Three years into my ministry, Martin’s ended. It is not for me to say how much progress has been made in the church since he died. I have no right to speak of someone else’s progress. For I am a white male with some degree of age on him….who has clearly benefited from all of the systems that exist and pretty much everything the church has to offer. How much of that is ability apart from opportunity, I do not know. Maybe ability blooms in the soil of opportunity. If so, I have been able to serve (virtually all the years of my life) in some very fertile soil. Meaning that I may have earned some of my way, but not all of my way.
But, at the end of the day, this is not just about me. Nothing is ever just about me. Helping me understand this is Robert Coles of Harvard. A lot of you know Robert Coles. He writes wonderful books that touch on issues of clinical psychology, child development and moral theology. But this reminiscence goes all the way back to his childhood. He writes:
We all dreaded getting Miss Avery for the fifth grade. “She’s tough,” was the word that came down from those above us. “Real bad tough.”
And every one of you can recall a similar teacher whose name sent shivers throughout the building. Mine was Miss Dobbs, who taught algebra at Tappan Junior High School. None of us wanted “Dobbs” (we never used the word “Miss”). Although, for the likes of me, I can’t remember why. But at the beginning of every semester, we’d quiz each other in the hallway:
Did you get Dobbs?
No.
Lucky you.
Did you get Dobbs?
Yes.
Boy, do I feel sorry for you.
At any rate, Robert Coles got Miss Avery, assigned (as he was) to Room 5 where she tyrannically reigned. But let him tell it.
To this day, I can hear the words that came my way one morning: “Bobby, I have called your name twice before. This is a school (she bellowed). You are not at home, alone in your bedroom, reading a book on your own. You are here with others and we deserve your attention as much as that book, valuable as it is.”
Which was when she got up from her big teacher’s desk with a ruler in her right hand….not her notorious blackboard pointer, thank God, but a twelve-inch ruler. Bang! Down it came on the desk of Sally Davis, seated four or five ahead of me, for we tall boys had been placed farther back, surely by God’s grace.
Then, having commanded our attention, she began stalking and speaking: “We are entitled to travel on our own paths. But here and now we are walking together.” After which she raised her arm once more, the better to crash the ruler down on Doris Newman’s desk, leading to this terse finale.
“We should, therefore, pay attention to others as well as ourselves.
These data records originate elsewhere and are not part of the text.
-- ===== src/Evaluation/Totals.antt =====
-- The counts of multi-label evaluation add up.
use caikit.Common.{
  ℕ, ◌+◌, String, Bool, true, false, ◌&&◌, List, [], ◌∷◌, length, filter, contains, distinct, all,
  contains-filter, Eq, if◌then◌else◌, string_eq, nat_eq, ◌==◌, beq→eq, Bool-cases, inl, inr, ◌≡◌,
  refl, ap, arith,
}
use caikit.Evaluation.Multilabel.{to_set, intersection, difference}

module _ {A : Type 0} ⦃e : Eq A⦄ where
  pub contains-to_set : (a : A) (xs : List A) → contains a (to_set xs) ≡ contains a xs
  unfolding to_set
  contains-to_set a [] = refl
  contains-to_set a (x ∷ xs) =
      ground (arith, contains-to_set a xs, contains-to_set x xs, e.beq_iff x a)

  pub to_set-distinct : (xs : List A) → distinct (to_set xs) ≡ true
  unfolding to_set
  to_set-distinct [] = refl
  to_set-distinct (x ∷ xs) = ground (arith, to_set-distinct xs)

  pub to_set-filter : (p : A → Bool) (xs : List A) → to_set (filter p xs) ≡ filter p (to_set xs)
  unfolding to_set
  to_set-filter p [] = refl
  to_set-filter p (x ∷ xs) = ground (arith, to_set-filter p xs, contains-filter p x (to_set xs))

  -- Restricting both sets to the data of a label restricts what they share.
  pub intersection-filter :
      (p : A → Bool) (a b : List A)
      → intersection (filter p a) (filter p b) ≡ filter p (intersection a b)
  unfolding intersection
  intersection-filter p [] b = refl
  intersection-filter p (x ∷ a) b = ground (arith, intersection-filter p a b, contains-filter p x b)

  pub difference-filter :
      (p : A → Bool) (a b : List A)
      → difference (filter p a) (filter p b) ≡ filter p (difference a b)
  unfolding difference
  difference-filter p [] b = refl
  difference-filter p (x ∷ a) b = ground (arith, difference-filter p a b, contains-filter p x b)

and_first : (a b : Bool) → (a && b) ≡ true → a ≡ true
and_first true b h = refl
and_first false b h = h

and_second : (a b : Bool) → (a && b) ≡ true → b ≡ true
and_second true b h = h
and_second false b h = absurd (ground arith)

-- The sum of a number over a list of labels.
abbrev pub sum_over : List String → (String → ℕ) → ℕ
sum_over [] h = 0
sum_over (l ∷ ls) h = h l + sum_over ls h

abbrev one_if : Bool → ℕ
one_if b = if b then 1 else 0

sum_over-add :
    (ls : List String) (g h k : String → ℕ)
    → ((l : String) → g l ≡ h l + k l)
    → sum_over ls g ≡ sum_over ls h + sum_over ls k
sum_over-add [] g h k p = omega arith
sum_over-add (l ∷ ls) g h k p = omega (arith, p l, sum_over-add ls g h k p)

sum_over_none :
    (ls : List String) (k : String) → contains k ls ≡ false → sum_over ls (λ l. one_if (k == l)) ≡ 0
sum_over_none [] k h = refl
sum_over_none (l ∷ ls) k h =
    ground (arith, sum_over_none ls k, string_eq.beq_iff l k, string_eq.beq_iff k l)

-- Among distinct labels, one that is there counts once.
sum_over_one :
    (ls : List String) (k : String)
    → distinct ls ≡ true
    → contains k ls ≡ true
    → sum_over ls (λ l. one_if (k == l)) ≡ 1
sum_over_one [] k d h = absurd (ground arith)
sum_over_one (l ∷ ls) k d h = elim (Bool-cases (l == k)) [
  | inl q ↦ ground (
    arith,
    sum_over_none ls k,
    ap (λ x. contains x ls) (beq→eq q),
    string_eq.beq_iff l k,
    string_eq.beq_iff k l,
  )
  | inr q ↦ ground (arith, sum_over_one ls k, string_eq.beq_iff l k, string_eq.beq_iff k l)
]

sum_over_zero : (ls : List String) → sum_over ls (λ l. 0) ≡ 0
sum_over_zero [] = refl
sum_over_zero (l ∷ ls) = omega (arith, sum_over_zero ls)

module _ {T : Type 0} (label : T → String) where
  unfoldable pub with_label : List T → String → List T
  with_label xs l = filter (λ x. label x == l) xs

  length-with_label :
      (x : T) (xs : List T) (l : String)
      → length (with_label (x ∷ xs) l) ≡ one_if (label x == l) + length (with_label xs l)
  unfolding with_label
  length-with_label x xs l = ground arith

  -- The data of a list are parted by their labels.
  pub sum_over-with_label :
      (ls : List String) (xs : List T)
      → distinct ls ≡ true
      → all (λ x. contains (label x) ls) xs ≡ true
      → sum_over ls (λ l. length (with_label xs l)) ≡ length xs
  unfolding with_label
  sum_over-with_label ls [] d h = sum_over_zero ls
  sum_over-with_label ls (x ∷ xs) d h = omega (
    arith,
    sum_over-add ls (λ l. length (with_label (x ∷ xs) l)) (λ l. one_if (label x == l))
        (λ l. length (with_label xs l)) (length-with_label x xs),
    sum_over_one ls (label x) d (and_first _ _ h),
    sum_over-with_label ls xs d (and_second _ _ h),
  )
We spend time looking at ourselves. We spend time looking out for ourselves. But please, let us look to our right and to our left, to our front, and to what is going on behind our back. Let us be mindful of others, as we hope they will be of us.”
Back home that afternoon, he told his mother of the instruction offered earlier that morning. The class had been instructed to write it down. And there it was in his hand for his mother to contemplate.
She read the words out loud. Then quietly to herself. Until at long last she said: “Bobby, if more people lived up to those words, the world would be a better place to live.”
Note: Phil Yancey’s wonderful reflections on “Larry the Lobster” (along with his treatment of Acts 10) can be found in his book, What’s So Amazing About Grace? Robert Coles is the James Agee Professor of Social Ethics at Harvard and the author of the Children of Crisis series (five volumes). But this reminiscence first appeared in Notre Dame Magazine. I found it reprinted in the 2004 edition of The Best American Spiritual Writing.